De acordo com o Eurobarómetro, na Europa 74% das pessoas estão preocupadas com o impacto dos plásticos na sua saúde e 87% com o impacto no ambiente. “As pessoas têm uma consciência cada vez mais aguda, primeiro em relação ao desperdício que produzem,depois em relação ao plástico e, em particular, sobre os descartáveis e o impacto que têm no ecossistema”, analisa Eunice Maia, dona da Maria Granel, a primeira mercearia biológica a granel em Portugal, com um piso inteiro dedicado a acessórios livres de plástico.
À Maria Granel todos os acessórios chegam embalados em cartão e selados com fita adesiva de papel sem solventes, da gama ecológica da alemã Tesa.

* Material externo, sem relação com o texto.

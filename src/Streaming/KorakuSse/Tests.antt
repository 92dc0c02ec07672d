-- ===== src/Streaming/KorakuSse/Tests.antt =====
-- Streams of a turn with a call, and of a turn beside a nested agent.
use koraku.Prelude.{◌≡◌, refl, true, none, some, List, [], ◌∷◌, text_equality}
use koraku.Prelude.Text.{Text, text, strip}
use koraku.Prelude.Json.{Value, num, str, arr, items, dict, null}
use koraku.Streaming.KorakuSse.State.{KorakuStreamState}
use koraku.Streaming.KorakuSse.ToolEvents.{task, Start, tool_started_events, scoped_tool_use_id}
use koraku.Streaming.KorakuSse.StreamEvents.{map_raw_event}
use koraku.Streaming.KorakuSse.MapEvents.{Python, map_all_events, finished_event, call_of}
use koraku.Streaming.KorakuSse.Shown.{is_clean}
use koraku.Streaming.KorakuSse.Hidden.{sent_is_clean}
use koraku.Streaming.KorakuSse.Lifecycle.{
  inner_field, start_name, at_once, other_start, ends_as_started,
}
use koraku.Streaming.KorakuSse.Suppressed.{nested_call_hides_text}

abbrev python : Python
python = record {
  repr = λ v. [];
  dumps = λ v. text "{}";
  int_of = λ v. v;
  now = 2000;
  uuid = λ n. text "u";
}

abbrev fresh_state : KorakuStreamState
fresh_state = record {
  pty_session_id = text "p";
  sandbox_id = text "s";
  inner_session_id = text "i";
  run_id = text "r";
  started_ms = 1000;
  resolved_model = text "m";
  eff_provider = text "anthropic";
  suppressed_tool_block_indexes = [];
  tool_calls_by_id = [];
  started_tool_use_ids = [];
}

abbrev call_block : Text → Value
call_block id = dict (
    (text "type", str (text "tool_use"))
    ∷ (text "id", str id)
    ∷ (text "name", str (text "Read"))
    ∷ (text "input", dict ((text "path", str (text "x.md")) ∷ []))
    ∷ [])

abbrev stream_of : Value → Value
stream_of raw = dict ((text "type", str (text "stream_event")) ∷ (text "event", raw) ∷ [])

abbrev block_starts : Value
block_starts = dict (
    (text "type", str (text "content_block_start"))
    ∷ (text "index", num (text "1"))
    ∷ (text "content_block", call_block (text "t1"))
    ∷ [])

abbrev text_delta : Value
text_delta = dict (
    (text "type", str (text "content_block_delta"))
    ∷ (text "index", num (text "1"))
    ∷ (
      text "delta",
      dict ((text "type", str (text "text_delta")) ∷ (text "text", str (text "hi")) ∷ []),
    )
    ∷ [])

abbrev whole_message : Value
whole_message = dict (
    (text "type", str (text "assistant_message"))
    ∷ (text "message", dict ((text "content", arr (items (call_block (text "t1") ∷ []))) ∷ []))
    ∷ [])

abbrev result_block : Text → Value
result_block id = dict (
    (text "type", str (text "tool_result"))
    ∷ (text "tool_use_id", str id)
    ∷ (text "content", str (text "ok"))
    ∷ [])

abbrev user_event : Value
user_event = dict (
    (text "type", str (text "user"))
    ∷ (text "message", dict ((text "content", arr (items (result_block (text "t1") ∷ []))) ∷ []))
    ∷ [])

abbrev turn : List Value
turn =
    stream_of block_starts
    ∷ stream_of whole_message
    ∷ user_event
    ∷ dict ((text "type", str (text "agent.completed")) ∷ [])
    ∷ []

sent_is_clean_example : is_clean ((map_all_events python fresh_state turn).1) ≡ true
sent_is_clean_example = sent_is_clean python fresh_state turn

abbrev start_of : Text → Text → Start
start_of id name = record {
  tool_use_id = id;
  tool_name = name;
  tool_input = dict ((text "path", str (text "x.md")) ∷ []);
  mode = null;
  subagent = none;
}

abbrev after_first : KorakuStreamState
after_first =
    (tool_started_events python.dumps fresh_state (text "u") (start_of (text "t1") (text "Read"))).0

abbrev after_second : KorakuStreamState
after_second =
    (tool_started_events python.dumps after_first (text "u") (start_of (text "t2") (text "Glob"))).0

ends_as_started_example :
    let (last, sent) =
      finished_event python (text "u") after_second none (result_block (text "t1")) in
    (inner_field sent (text "tool_use_id") ≡ some (str (strip (text "t1"))))
    × (inner_field sent (text "tool_name")
        ≡ some (str (start_name (start_of (text "t1") (text "Read")))))
    × (inner_field sent (text "tool_input") ≡ some (dict ((text "path", str (text "x.md")) ∷ [])))
    × (call_of last (strip (text "t1")) ≡ none)
unfolding strip scoped_tool_use_id
ends_as_started_example =
    ends_as_started python fresh_state after_second (text "u") (start_of (text "t1") (text "Read"))
      none (result_block (text "t1")) refl refl
      (other_start (at_once after_first) (text "u") (start_of (text "t2") (text "Glob")) refl)

nested_call_hides_text_example :
    (map_raw_event
      (λ v. [])
      (λ v. text "{}")
      (λ v. v)
      (text "u")
      ((map_raw_event
        (λ v. [])
        (λ v. text "{}")
        (λ v. v)
        (text "u")
        fresh_state
        (some (task (text "explore")))
        block_starts).0)
      none
      text_delta).1
    ≡ []
nested_call_hides_text_example =
    nested_call_hides_text (λ v. []) (λ v. text "{}") (λ v. v) (text "u") (text "u") fresh_state
      (task (text "explore")) block_starts text_delta (text "1") refl refl refl refl refl
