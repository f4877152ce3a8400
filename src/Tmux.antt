-- ===== src/Tmux.antt =====
-- src/tmux/types.ts: sessions, windows and panes as tmux lists them.
pub mod Panes
pub mod Parse
pub mod Create
pub mod Switch
pub mod Start
pub mod Client
use tukan.Prelude.{ℕ, Bool, Option, List}
use tukan.Text.{Text}

-- A number field holds what `Number` made of its text; `none` is NaN.
pub record TmuxPane : Type 0 where
  pub id : Text
  pub index : Option ℕ
  pub active : Bool
  pub command : Text
  pub pid : Option ℕ
  pub working_dir : Text
  pub width : Option ℕ
  pub height : Option ℕ

pub record TmuxWindow : Type 0 where
  pub id : Text
  pub index : Option ℕ
  pub name : Text
  pub active : Bool
  pub panes : List TmuxPane

pub record TmuxSession : Type 0 where
  pub id : Text
  pub name : Text
  pub attached : Bool
  pub windows : List TmuxWindow

pub record TmuxServer : Type 0 where
  pub server_name : Text
  pub sessions : List TmuxSession
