-- ===== src/Tmux/Panes.antt =====
-- The panes of the windows of a server, and the window that each of them is in: what the loops over
-- `sessions`, `windows` and `panes` in src/index.tsx and src/ui/App.tsx collect, said without them.
use tukan.Prelude.{
  ◌≡◌, refl, ap, ◌∙◌, sym, Bool, true, false, Option, none, some, List, [], ◌∷◌, ◌++◌, map, not,
  ◌&&◌, any, if◌then◌else◌, append_assoc,
}
use tukan.Text.{Text, ◌==◌, truthy?}
use tukan.Dict.{Dict, get}
use tukan.Tmux.{TmuxPane, TmuxWindow}

-- The ids of all panes, in order.
unfoldable pub pane_ids_of : List TmuxWindow → List Text
pane_ids_of [] = []
pane_ids_of (win ∷ windows) = map (λ (pane : TmuxPane). pane.id) win.panes ++ pane_ids_of windows

-- The last window that has a pane with the id.
unfoldable pub owner : Text → List TmuxWindow → Option Text
owner pane_id [] = none
owner pane_id (win ∷ windows) = elim (owner pane_id windows) [
  | some window_id ↦ some window_id
  | none ↦ if any (λ (pane : TmuxPane). pane.id == pane_id) win.panes then some win.id else none
]

-- `later` if it is there, `before` otherwise
abbrev pub or_before : Option Text → Option Text → Option Text
or_before (some later) before = some later
or_before none before = before

pub or_before-none : (o : Option Text) → or_before o none ≡ o
or_before-none none = refl
or_before-none (some w) = refl

pub or_before_assoc :
    (a b c : Option Text) → or_before a (or_before b c) ≡ or_before (or_before a b) c
or_before_assoc none b c = refl
or_before_assoc (some a) b c = refl

pub owner-cons :
    (pane_id : Text) (win : TmuxWindow) (windows : List TmuxWindow)
    → owner pane_id (win ∷ windows)
      ≡ or_before
          (owner pane_id windows)
          (if any (λ (pane : TmuxPane). pane.id == pane_id) win.panes then some win.id else none)
unfolding owner
owner-cons pane_id win windows = go (owner pane_id windows)
  where
    go :
        (o : Option Text)
        → elim o [
          | some window_id ↦ some window_id
          | none ↦
              if any (λ (pane : TmuxPane). pane.id == pane_id) win.panes then some win.id else none
        ]
          ≡ or_before o (
              if any (λ (pane : TmuxPane). pane.id == pane_id) win.panes then some win.id else none)
    go none = refl
    go (some w) = refl

pub owner-append :
    (pane_id : Text) (xs ys : List TmuxWindow)
    → owner pane_id (xs ++ ys) ≡ or_before (owner pane_id ys) (owner pane_id xs)
unfolding owner
owner-append pane_id [] ys = sym (or_before-none (owner pane_id ys))
owner-append pane_id (win ∷ xs) ys =
    let here =
      if any (λ (pane : TmuxPane). pane.id == pane_id) win.panes then some win.id else none in
    owner-cons pane_id win (xs ++ ys)
    ∙ ap (λ o. or_before o here) (owner-append pane_id xs ys)
    ∙ sym (or_before_assoc (owner pane_id ys) (owner pane_id xs) here)
    ∙ ap (or_before (owner pane_id ys)) (sym (owner-cons pane_id win xs))

pub pane_ids_of-append :
    (xs ys : List TmuxWindow) → pane_ids_of (xs ++ ys) ≡ pane_ids_of xs ++ pane_ids_of ys
unfolding pane_ids_of
pane_ids_of-append [] ys = refl
pane_ids_of-append (win ∷ xs) ys =
    ap (λ l. map (λ (pane : TmuxPane). pane.id) win.panes ++ l) (pane_ids_of-append xs ys)
    ∙ sym (
        append_assoc (map (λ (pane : TmuxPane). pane.id) win.panes) (pane_ids_of xs)
          (pane_ids_of ys))

abbrev pub is_the : Option Text → Text → Bool
is_the none window_id = false
is_the (some w) window_id = w == window_id

-- The hash of a pane was known before, and was another one.
abbrev pub was_other : Option Text → Text → Bool
was_other none hash = false
was_other (some old) hash = not (old == hash)

-- The pane, which has this hash now, had another one before, and is in the window.
abbrev pub is_other_pane : Dict Text → List TmuxWindow → Text → Text × Text → Bool
is_other_pane before windows window_id (pane_id, hash) =
    was_other (get pane_id before) hash && is_the (truthy? (owner pane_id windows)) window_id

-- A pane of the window has another hash now than it had before.
abbrev pub has_other_pane : (before now : Dict Text) → List TmuxWindow → Text → Bool
has_other_pane before now windows window_id = any (is_other_pane before windows window_id) now

-- The window has the pane.
unfoldable pub has_pane : Option Text → TmuxWindow → Bool
has_pane none win = false
has_pane (some []) win = false
has_pane (some (c ∷ s)) win = any (λ (pane : TmuxPane). pane.id == c ∷ s) win.panes

-- The windows but for those that have the pane.
unfoldable pub without_own : Option Text → List TmuxWindow → List TmuxWindow
without_own self_pane_id [] = []
without_own self_pane_id (win ∷ windows) =
    let rest = without_own self_pane_id windows in
    if has_pane self_pane_id win then rest else win ∷ rest

pub without_own-append :
    (self_pane_id : Option Text) (xs ys : List TmuxWindow)
    → without_own self_pane_id (xs ++ ys)
      ≡ without_own self_pane_id xs ++ without_own self_pane_id ys
unfolding without_own
without_own-append self_pane_id [] ys = refl
without_own-append self_pane_id (win ∷ xs) ys =
    ap (λ rest. if has_pane self_pane_id win then rest else win ∷ rest)
      (without_own-append self_pane_id xs ys)
    ∙ either (has_pane self_pane_id win)
  where
    either :
        (b : Bool)
        → (if b
            then without_own self_pane_id xs ++ without_own self_pane_id ys
            else win ∷ (without_own self_pane_id xs ++ without_own self_pane_id ys))
          ≡ (if b then without_own self_pane_id xs else win ∷ without_own self_pane_id xs)
            ++ without_own self_pane_id ys
    either true = refl
    either false = refl
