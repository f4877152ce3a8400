-- ===== src/Board/Activity/Hashes.antt =====
-- The hashes of the panes: what `computePaneHashes` and `detectChangedPanes` make of the contents.
use tukan.Prelude.{
  ◌≡◌, refl, sym, ap, ◌∙◌, inl, inr, Bool, true, false, ◌||◌, ◌&&◌, Option, none, some, List, [],
  ◌∷◌, ◌++◌, arith, Bool-cases, append_assoc, append-nil, any, any-append, All,
}
use tukan.Text.{Text, ◌==◌}
use tukan.Text.Equality.{eq_iff}
use tukan.Dict.{Dict, get, set, IsDistinct}
use tukan.Dict.Laws.{get-set}
use tukan.Dict.Extension.{map_values}
use tukan.Tmux.Panes.{was_other}
use tukan.Board.Activity.{
  PaneHashMap, contains, add, differs, pane_hashes_from, compute_pane_hashes, changed_panes_from,
  detect_changed_panes,
}

set-fresh : (k v : Text) (d : Dict Text) → get k d ≡ none → set k v d ≡ d ++ (k, v) ∷ []
unfolding get set
set-fresh k v [] h = refl
set-fresh k v ((j, w) ∷ d) h = ground (arith, set-fresh k v d)

abbrev AreFresh : Dict Text → Dict Text → Type 0
AreFresh result contents = All (λ (e : Text × Text). get e.0 result ≡ none) contents

AreFresh-set :
    (k v : Text) (result contents : Dict Text)
    → get k contents ≡ none
    → AreFresh result contents
    → AreFresh (set k v result) contents
unfolding get
AreFresh-set k v result [] h fresh = tt
AreFresh-set k v result ((j, w) ∷ contents) h (here, fresh) = (
  get-set k j v result ∙ ground (arith, eq_iff j k, eq_iff k j),
  AreFresh-set k v result contents (ground arith) fresh,
)

pane_hashes_from-eq-map :
    (hash : Text → Text) (result contents : Dict Text)
    → IsDistinct contents
    → AreFresh result contents
    → pane_hashes_from hash result contents ≡ result ++ map_values hash contents
unfolding pane_hashes_from map_values
pane_hashes_from-eq-map hash result [] d fresh = sym (append-nil result)
pane_hashes_from-eq-map hash result ((k, content) ∷ contents) (new, d) (here, fresh) =
    pane_hashes_from-eq-map hash (set k (hash content) result) contents d
      (AreFresh-set k (hash content) result contents new fresh)
    ∙ ap (λ r. r ++ map_values hash contents) (set-fresh k (hash content) result here)
    ∙ append_assoc result ((k, hash content) ∷ []) (map_values hash contents)

no_hashes-AreFresh : (contents : Dict Text) → AreFresh [] contents
unfolding get
no_hashes-AreFresh [] = tt
no_hashes-AreFresh (e ∷ contents) = (refl, no_hashes-AreFresh contents)

-- Where no pane is captured twice, each has the hash of its content.
pub compute_pane_hashes-eq-map :
    (hash : Text → Text) (contents : Dict Text)
    → IsDistinct contents
    → compute_pane_hashes hash contents ≡ map_values hash contents
unfolding compute_pane_hashes
compute_pane_hashes-eq-map hash contents d =
    pane_hashes_from-eq-map hash [] contents d (no_hashes-AreFresh contents)

pub differs-eq-was_other :
    (before : Option Text) (hash : Text) → differs before hash ≡ was_other before hash
differs-eq-was_other none hash = refl
differs-eq-was_other (some old) hash = refl

any-add : (p : Text → Bool) (x : Text) (xs : List Text) → any p (add x xs) ≡ (any p xs || p x)
unfolding add
any-add p x xs = elim (Bool-cases (contains x xs)) [
  | inr new ↦ rw new (any-append p xs (x ∷ []) ∙ ap (λ b. any p xs || b) (or-false (p x)))
  | inl there ↦ rw there (absorb (any p xs) (p x) (any-there xs there))
]
  where
    or-false : (b : Bool) → (b || false) ≡ b
    or-false true = refl
    or-false false = refl

    absorb : (a b : Bool) → (b ≡ true → a ≡ true) → a ≡ (a || b)
    absorb true b h = refl
    absorb false true h = h refl
    absorb false false h = refl

    any-there : (ys : List Text) → contains x ys ≡ true → p x ≡ true → any p ys ≡ true
    any-there [] h px = absurd (cc h)
    any-there (y ∷ ys) h px = elim (Bool-cases (y == x)) [
      | inl same ↦ rw ((eq_iff y x).0 same) (rw px refl)
      | inr other ↦ elim (Bool-cases (p y)) [
        | inl py ↦ rw py refl
        | inr fails ↦ rw fails (any-there ys (rw other at h) px)
      ]
    ]

any-changed_panes_from :
    (p : Text → Bool) (prev : PaneHashMap) (changed : List Text) (next : PaneHashMap)
    → any p (changed_panes_from prev changed next)
      ≡ (any p changed || any (λ e. was_other (get e.0 prev) e.1 && p e.0) next)
unfolding changed_panes_from
any-changed_panes_from p prev changed [] = ground arith
any-changed_panes_from p prev changed ((k, hash) ∷ next) =
    elim (Bool-cases (was_other (get k prev) hash)) [
      | inl other ↦
          rw (differs-eq-was_other (get k prev) hash, other)
            (any-changed_panes_from p prev (add k changed) next
              ∙ ground (arith, any-add p k changed))
      | inr same ↦
          rw (differs-eq-was_other (get k prev) hash, same)
            (any-changed_panes_from p prev changed next)
    ]

-- Some changed pane passes a test exactly when some pane does whose hash was another one before.
pub any-detect_changed_panes :
    (p : Text → Bool) (prev next : PaneHashMap)
    → any p (detect_changed_panes prev next) ≡ any (λ e. was_other (get e.0 prev) e.1 && p e.0) next
unfolding detect_changed_panes
any-detect_changed_panes p prev next = any-changed_panes_from p prev [] next
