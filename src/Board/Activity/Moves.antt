-- ===== src/Board/Activity/Moves.antt =====
-- Which cards move between In Progress and Review.
use tukan.Prelude.{ℕ, ◌≡◌, refl, Bool, false, not, ◌&&◌, Option, none, some, List, [], ◌∷◌, arith}
use tukan.Text.{Text, ◌==◌, truthy?}
use tukan.Text.Equality.{eq_iff}
use tukan.Dict.{Dict, get, IsDistinct}
use tukan.Board.{Card, col_in_progress, col_review}
use tukan.Board.Activity.{
  contains, is_idle, collect, passes, get_idle_promotions, get_review_demotions,
  get_review_demotions_by_time,
}

-- The card stands in the column and has a window that passes the test.
abbrev pub is_collected : Text → (Text → Bool) → Card → Bool
is_collected column test card =
    (card.column_id == column) && (elim (truthy? card.window_id) [ none ↦ false | some w ↦ test w ])

abbrev pub holds : (Card → Bool) → Option Card → Bool
holds p none = false
holds p (some card) = p card

collect-is_fresh :
    (column : Text) (test : Text → Bool) (cards : Dict Card) (id : Text)
    → get id cards ≡ none
    → contains id (collect column test cards) ≡ false
unfolding collect get
collect-is_fresh column test [] id h = refl
collect-is_fresh column test ((i, card) ∷ cards) id h =
    ground (arith, collect-is_fresh column test cards id)

collect-is_collected :
    (column : Text) (test : Text → Bool) (cards : Dict Card) (id : Text)
    → IsDistinct cards
    → contains id (collect column test cards) ≡ holds (is_collected column test) (get id cards)
unfolding collect get
collect-is_collected column test [] id d = refl
collect-is_collected column test ((i, card) ∷ cards) id (fresh, d) = ground (
  arith,
  collect-is_collected column test cards id d,
  collect-is_fresh column test cards id,
  eq_iff i id,
)

-- The card has a window, and its last change is known and passes the test.
abbrev pub is_timed : (ℕ → Bool) → Dict ℕ → Card → Bool
is_timed test times card = elim (truthy? card.window_id) [
  | none ↦ false
  | some w ↦ passes test (get w times)
]

-- On a board with distinct ids, a card is promoted exactly when it is in progress and has a window
-- whose last change is known and lies the threshold back or more.
pub get_idle_promotions_iff :
    (cards : Dict Card) (times : Dict ℕ) (now threshold_ms : ℕ) (id : Text)
    → IsDistinct cards
    → contains id (get_idle_promotions cards times now threshold_ms)
      ≡ holds
          (λ card.
            (card.column_id == col_in_progress) && is_timed (is_idle now threshold_ms) times card)
          (get id cards)
unfolding get_idle_promotions
get_idle_promotions_iff cards times now threshold_ms id d =
    collect-is_collected col_in_progress (λ w. passes (is_idle now threshold_ms) (get w times))
      cards id d

-- On a board with distinct ids, a card is demoted by time exactly when it is in Review and has a
-- window whose last change is known and lies less than the threshold back.
pub get_review_demotions_by_time_iff :
    (cards : Dict Card) (times : Dict ℕ) (now threshold_ms : ℕ) (id : Text)
    → IsDistinct cards
    → contains id (get_review_demotions_by_time cards times now threshold_ms)
      ≡ holds
          (λ card.
            (card.column_id == col_review)
            && is_timed (λ t. not (is_idle now threshold_ms t)) times card)
          (get id cards)
unfolding get_review_demotions_by_time
get_review_demotions_by_time_iff cards times now threshold_ms id d =
    collect-is_collected col_review
      (λ w. passes (λ t. not (is_idle now threshold_ms t)) (get w times)) cards id d

-- On a board with distinct ids, a card is demoted by activity exactly when it is in Review and its
-- window is among the changed ones.
pub get_review_demotions_iff :
    (cards : Dict Card) (changed : List Text) (id : Text)
    → IsDistinct cards
    → contains id (get_review_demotions cards changed)
      ≡ holds (is_collected col_review (λ w. contains w changed)) (get id cards)
unfolding get_review_demotions
get_review_demotions_iff cards changed id d =
    collect-is_collected col_review (λ w. contains w changed) cards id d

Numa lógica circular, de dar uma segunda vida aos materiais, na expedição dos produtos da loja online, Eunice Maia reutiliza as caixas de cartão da área alimentar. Parte do seu trabalho é procurar inovação sustentável e, em 2017, aderiu à iniciativa Plastic Free July, publicando nas redes sociais, a cada dia do mês de julho, uma dica inovadora. Uma delas recomendava o Bees Wrap, um substituto da película aderente, do papel de alumínio, das tampas de plástico e dos sacos para sanduíches feitos com cera de abelha. Entretanto, as food wraps da Rowen Stillwater já são feitas com cera de soja, evitando assim a morte dos polinizadores.
Outros artigos que vão ao encontro dos costumes dos nossos avós são o Vejibag, saco de algodão biológico para conservar os legumes no frigorífico, e as marmitas de aço inoxidável da Eco Brotbox, negócio de uma família indiana na Alemanha. Um dos objetos mais procurados é o piaçaba com cabo de madeira de faia não tratada, num suporte de barro, e escova de fibras de agave.
Na Mind The Trash, loja online que comercializa produtos orgânicos e ecológicos (lançada há um ano e meio por Catarina Matos), compram-se palhinhas de aço e escovas de dentes feitas de bambu. Vêm da China porque a luta para encontrar fornecedores nacionais parece interminável. É verdade, de bambu, vidro, inox ou trigo, não faltam substitutos das palhinhas de plástico, que tão amaldiçoadas têm sido nos últimos tempos.